(Your goal)
Scan the entries below for the word "answered". Copy out every line in which it occurs.

--------------------------------

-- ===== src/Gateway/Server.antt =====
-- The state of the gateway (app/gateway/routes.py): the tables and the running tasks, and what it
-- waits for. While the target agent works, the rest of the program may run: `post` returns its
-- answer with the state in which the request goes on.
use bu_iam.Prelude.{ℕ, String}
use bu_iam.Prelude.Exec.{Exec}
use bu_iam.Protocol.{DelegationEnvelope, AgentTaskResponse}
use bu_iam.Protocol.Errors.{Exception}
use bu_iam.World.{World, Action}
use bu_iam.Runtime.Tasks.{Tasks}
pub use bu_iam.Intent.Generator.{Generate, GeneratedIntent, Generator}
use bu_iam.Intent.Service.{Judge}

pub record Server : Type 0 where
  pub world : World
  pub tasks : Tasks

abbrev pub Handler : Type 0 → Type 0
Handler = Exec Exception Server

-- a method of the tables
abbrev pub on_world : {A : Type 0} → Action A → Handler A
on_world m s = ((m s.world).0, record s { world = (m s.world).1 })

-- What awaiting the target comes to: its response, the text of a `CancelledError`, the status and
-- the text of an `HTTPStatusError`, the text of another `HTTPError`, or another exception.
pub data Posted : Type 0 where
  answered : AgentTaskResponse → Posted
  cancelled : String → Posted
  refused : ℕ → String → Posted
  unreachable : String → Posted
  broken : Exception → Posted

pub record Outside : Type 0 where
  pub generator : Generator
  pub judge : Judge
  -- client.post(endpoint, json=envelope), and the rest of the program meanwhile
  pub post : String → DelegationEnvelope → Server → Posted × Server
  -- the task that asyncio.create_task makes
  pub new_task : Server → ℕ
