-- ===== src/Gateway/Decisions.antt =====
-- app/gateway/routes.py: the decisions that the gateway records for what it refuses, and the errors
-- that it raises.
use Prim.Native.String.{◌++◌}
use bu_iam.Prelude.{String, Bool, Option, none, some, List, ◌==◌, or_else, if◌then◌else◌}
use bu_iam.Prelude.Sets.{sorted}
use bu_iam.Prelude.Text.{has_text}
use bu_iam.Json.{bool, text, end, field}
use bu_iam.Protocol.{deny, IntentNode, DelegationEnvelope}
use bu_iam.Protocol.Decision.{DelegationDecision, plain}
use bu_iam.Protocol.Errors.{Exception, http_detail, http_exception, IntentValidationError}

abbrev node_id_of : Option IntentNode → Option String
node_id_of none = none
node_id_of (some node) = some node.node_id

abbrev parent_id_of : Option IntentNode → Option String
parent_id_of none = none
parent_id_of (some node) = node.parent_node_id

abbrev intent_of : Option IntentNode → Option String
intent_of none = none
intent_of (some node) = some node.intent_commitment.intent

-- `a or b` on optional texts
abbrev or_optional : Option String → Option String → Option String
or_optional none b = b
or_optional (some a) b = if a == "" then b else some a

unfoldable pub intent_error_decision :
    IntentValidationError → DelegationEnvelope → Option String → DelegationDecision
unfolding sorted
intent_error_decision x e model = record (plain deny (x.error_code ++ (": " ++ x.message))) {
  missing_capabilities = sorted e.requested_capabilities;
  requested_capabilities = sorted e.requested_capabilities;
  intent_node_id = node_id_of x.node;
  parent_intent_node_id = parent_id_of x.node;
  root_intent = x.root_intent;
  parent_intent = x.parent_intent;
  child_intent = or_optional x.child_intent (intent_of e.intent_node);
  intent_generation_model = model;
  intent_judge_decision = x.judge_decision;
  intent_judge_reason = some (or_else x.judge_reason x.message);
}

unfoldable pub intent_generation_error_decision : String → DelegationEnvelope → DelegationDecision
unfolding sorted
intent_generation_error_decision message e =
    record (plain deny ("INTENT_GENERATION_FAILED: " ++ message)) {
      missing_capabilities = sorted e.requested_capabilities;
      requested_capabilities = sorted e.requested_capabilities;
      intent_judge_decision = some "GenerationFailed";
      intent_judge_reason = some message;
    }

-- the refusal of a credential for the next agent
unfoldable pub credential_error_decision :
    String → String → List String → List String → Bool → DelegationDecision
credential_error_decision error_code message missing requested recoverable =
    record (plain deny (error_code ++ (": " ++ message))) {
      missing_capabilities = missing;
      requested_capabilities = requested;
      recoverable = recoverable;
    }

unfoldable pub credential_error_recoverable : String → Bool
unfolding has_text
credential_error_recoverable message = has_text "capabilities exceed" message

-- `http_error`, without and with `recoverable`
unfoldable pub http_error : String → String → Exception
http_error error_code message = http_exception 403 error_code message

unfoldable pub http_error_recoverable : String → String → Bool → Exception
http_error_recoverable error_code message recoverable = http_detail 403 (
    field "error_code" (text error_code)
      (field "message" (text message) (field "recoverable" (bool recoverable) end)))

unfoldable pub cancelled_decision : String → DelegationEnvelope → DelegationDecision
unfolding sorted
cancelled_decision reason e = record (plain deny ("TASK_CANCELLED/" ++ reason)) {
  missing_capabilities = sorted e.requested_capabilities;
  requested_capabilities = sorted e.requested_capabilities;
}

--------------------------------

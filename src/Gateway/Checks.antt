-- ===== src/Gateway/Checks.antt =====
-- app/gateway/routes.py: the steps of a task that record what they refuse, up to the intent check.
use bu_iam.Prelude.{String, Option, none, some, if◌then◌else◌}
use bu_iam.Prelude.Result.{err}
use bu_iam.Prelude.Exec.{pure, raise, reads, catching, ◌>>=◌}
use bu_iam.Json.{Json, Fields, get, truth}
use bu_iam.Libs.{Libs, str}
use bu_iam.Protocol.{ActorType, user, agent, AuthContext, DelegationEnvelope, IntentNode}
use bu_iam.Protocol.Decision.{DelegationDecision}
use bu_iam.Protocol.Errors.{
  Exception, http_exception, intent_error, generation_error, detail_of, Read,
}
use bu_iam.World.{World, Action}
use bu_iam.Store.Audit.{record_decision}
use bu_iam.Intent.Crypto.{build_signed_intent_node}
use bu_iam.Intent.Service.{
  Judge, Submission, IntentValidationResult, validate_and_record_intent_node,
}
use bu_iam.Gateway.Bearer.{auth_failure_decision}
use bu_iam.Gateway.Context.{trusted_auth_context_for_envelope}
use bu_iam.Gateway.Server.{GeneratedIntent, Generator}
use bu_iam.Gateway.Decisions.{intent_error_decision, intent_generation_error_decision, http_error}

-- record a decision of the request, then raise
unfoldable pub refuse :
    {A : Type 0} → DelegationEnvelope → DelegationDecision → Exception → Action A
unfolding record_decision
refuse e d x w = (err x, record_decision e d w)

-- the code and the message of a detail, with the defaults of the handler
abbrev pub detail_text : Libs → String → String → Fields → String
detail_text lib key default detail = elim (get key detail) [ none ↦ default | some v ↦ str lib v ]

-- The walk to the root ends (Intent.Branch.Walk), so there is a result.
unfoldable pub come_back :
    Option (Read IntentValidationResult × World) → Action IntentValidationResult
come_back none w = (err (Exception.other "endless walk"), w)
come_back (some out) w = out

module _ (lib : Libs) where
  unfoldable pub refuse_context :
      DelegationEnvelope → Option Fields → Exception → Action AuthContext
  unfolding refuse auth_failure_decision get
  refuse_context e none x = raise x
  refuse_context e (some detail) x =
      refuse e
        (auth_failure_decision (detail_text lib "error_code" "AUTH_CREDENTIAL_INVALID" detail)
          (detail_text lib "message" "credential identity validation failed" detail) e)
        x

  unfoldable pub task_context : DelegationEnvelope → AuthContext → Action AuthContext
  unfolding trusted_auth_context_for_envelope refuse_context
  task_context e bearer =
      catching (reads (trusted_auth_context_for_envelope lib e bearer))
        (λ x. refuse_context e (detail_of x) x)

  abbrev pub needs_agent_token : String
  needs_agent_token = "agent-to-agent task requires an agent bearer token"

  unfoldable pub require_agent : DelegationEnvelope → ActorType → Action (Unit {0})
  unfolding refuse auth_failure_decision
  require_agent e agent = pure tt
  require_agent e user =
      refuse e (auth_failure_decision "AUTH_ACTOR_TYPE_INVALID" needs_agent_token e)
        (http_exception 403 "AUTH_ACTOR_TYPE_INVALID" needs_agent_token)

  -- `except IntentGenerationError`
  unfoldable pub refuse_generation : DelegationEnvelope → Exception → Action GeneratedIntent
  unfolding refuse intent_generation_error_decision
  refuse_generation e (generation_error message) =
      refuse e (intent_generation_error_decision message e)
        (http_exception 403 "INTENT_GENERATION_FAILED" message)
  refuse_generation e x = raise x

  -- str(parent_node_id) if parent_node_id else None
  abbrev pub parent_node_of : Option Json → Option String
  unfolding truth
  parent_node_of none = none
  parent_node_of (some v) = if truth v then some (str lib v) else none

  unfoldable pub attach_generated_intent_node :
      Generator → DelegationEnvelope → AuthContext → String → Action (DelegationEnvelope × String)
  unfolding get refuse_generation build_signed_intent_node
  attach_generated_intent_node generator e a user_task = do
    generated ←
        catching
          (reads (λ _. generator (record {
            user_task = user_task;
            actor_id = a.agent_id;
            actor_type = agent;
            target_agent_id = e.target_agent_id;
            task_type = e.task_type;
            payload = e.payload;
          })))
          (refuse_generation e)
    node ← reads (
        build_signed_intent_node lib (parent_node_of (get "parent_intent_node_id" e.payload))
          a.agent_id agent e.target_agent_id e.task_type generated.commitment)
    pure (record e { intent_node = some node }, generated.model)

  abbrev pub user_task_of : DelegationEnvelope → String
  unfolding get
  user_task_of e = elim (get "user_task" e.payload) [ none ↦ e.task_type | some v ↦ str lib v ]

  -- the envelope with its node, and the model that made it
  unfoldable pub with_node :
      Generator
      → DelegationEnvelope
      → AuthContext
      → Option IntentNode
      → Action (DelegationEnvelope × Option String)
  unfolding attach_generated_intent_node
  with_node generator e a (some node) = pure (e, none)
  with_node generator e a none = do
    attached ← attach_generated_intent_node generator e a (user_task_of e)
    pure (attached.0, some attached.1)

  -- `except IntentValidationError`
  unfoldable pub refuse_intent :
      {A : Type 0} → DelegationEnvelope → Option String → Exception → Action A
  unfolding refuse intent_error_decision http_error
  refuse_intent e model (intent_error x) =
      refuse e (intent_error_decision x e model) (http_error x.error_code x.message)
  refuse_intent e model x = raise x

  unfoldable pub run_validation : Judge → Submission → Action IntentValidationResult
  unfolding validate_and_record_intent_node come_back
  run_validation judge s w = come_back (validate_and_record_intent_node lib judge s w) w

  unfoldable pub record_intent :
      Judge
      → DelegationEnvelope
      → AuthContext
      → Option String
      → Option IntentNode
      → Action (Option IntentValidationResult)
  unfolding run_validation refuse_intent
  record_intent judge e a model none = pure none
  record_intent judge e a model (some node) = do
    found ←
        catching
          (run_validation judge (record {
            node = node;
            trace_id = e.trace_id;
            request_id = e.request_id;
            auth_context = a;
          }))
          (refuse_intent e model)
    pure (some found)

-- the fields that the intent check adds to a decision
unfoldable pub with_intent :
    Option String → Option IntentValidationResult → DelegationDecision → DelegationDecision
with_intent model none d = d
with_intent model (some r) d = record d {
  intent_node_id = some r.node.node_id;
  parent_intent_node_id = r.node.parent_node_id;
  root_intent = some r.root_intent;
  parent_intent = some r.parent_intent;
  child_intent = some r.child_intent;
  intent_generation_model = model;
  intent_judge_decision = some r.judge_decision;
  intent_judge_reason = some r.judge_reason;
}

--------------------------------

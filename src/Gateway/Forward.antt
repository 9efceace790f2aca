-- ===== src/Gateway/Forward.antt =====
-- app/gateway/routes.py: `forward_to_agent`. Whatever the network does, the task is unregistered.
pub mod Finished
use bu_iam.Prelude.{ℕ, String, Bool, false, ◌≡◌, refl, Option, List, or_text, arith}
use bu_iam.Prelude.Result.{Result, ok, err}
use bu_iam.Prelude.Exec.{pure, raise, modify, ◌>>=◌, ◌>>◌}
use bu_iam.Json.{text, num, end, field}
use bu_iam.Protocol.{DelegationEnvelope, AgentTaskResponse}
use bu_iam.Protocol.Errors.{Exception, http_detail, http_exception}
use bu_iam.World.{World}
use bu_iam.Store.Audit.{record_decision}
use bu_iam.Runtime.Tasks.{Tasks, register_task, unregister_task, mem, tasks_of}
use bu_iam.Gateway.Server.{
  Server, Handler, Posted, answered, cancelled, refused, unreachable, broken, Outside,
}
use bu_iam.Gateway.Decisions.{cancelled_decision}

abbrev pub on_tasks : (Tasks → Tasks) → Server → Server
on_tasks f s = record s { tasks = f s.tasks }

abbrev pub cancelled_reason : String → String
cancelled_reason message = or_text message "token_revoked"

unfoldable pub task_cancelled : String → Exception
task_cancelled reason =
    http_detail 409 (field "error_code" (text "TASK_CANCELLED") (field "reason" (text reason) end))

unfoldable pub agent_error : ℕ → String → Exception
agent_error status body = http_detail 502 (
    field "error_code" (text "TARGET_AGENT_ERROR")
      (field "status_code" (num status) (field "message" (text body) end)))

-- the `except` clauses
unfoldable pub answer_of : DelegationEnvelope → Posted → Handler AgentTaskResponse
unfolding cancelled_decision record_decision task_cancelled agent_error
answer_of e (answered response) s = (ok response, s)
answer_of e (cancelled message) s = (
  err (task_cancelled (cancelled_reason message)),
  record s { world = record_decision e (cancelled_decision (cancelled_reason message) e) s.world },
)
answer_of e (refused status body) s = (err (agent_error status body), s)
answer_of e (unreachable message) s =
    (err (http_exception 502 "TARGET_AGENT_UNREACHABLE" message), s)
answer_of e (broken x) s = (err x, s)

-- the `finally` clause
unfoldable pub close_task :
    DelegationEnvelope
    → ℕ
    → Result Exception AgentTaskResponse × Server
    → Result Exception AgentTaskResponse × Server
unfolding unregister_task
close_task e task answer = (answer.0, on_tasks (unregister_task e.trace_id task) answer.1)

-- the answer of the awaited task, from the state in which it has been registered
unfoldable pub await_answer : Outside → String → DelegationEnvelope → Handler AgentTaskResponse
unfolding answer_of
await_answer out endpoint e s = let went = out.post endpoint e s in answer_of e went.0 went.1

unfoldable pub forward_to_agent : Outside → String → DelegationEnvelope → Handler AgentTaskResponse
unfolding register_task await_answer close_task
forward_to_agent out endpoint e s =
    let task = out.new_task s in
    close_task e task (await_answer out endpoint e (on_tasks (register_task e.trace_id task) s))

--------------------------------

(Reply to the exercise)
  answered : AgentTaskResponse → Posted
  Server, Handler, Posted, answered, cancelled, refused, unreachable, broken, Outside,
answer_of e (answered response) s = (ok response, s)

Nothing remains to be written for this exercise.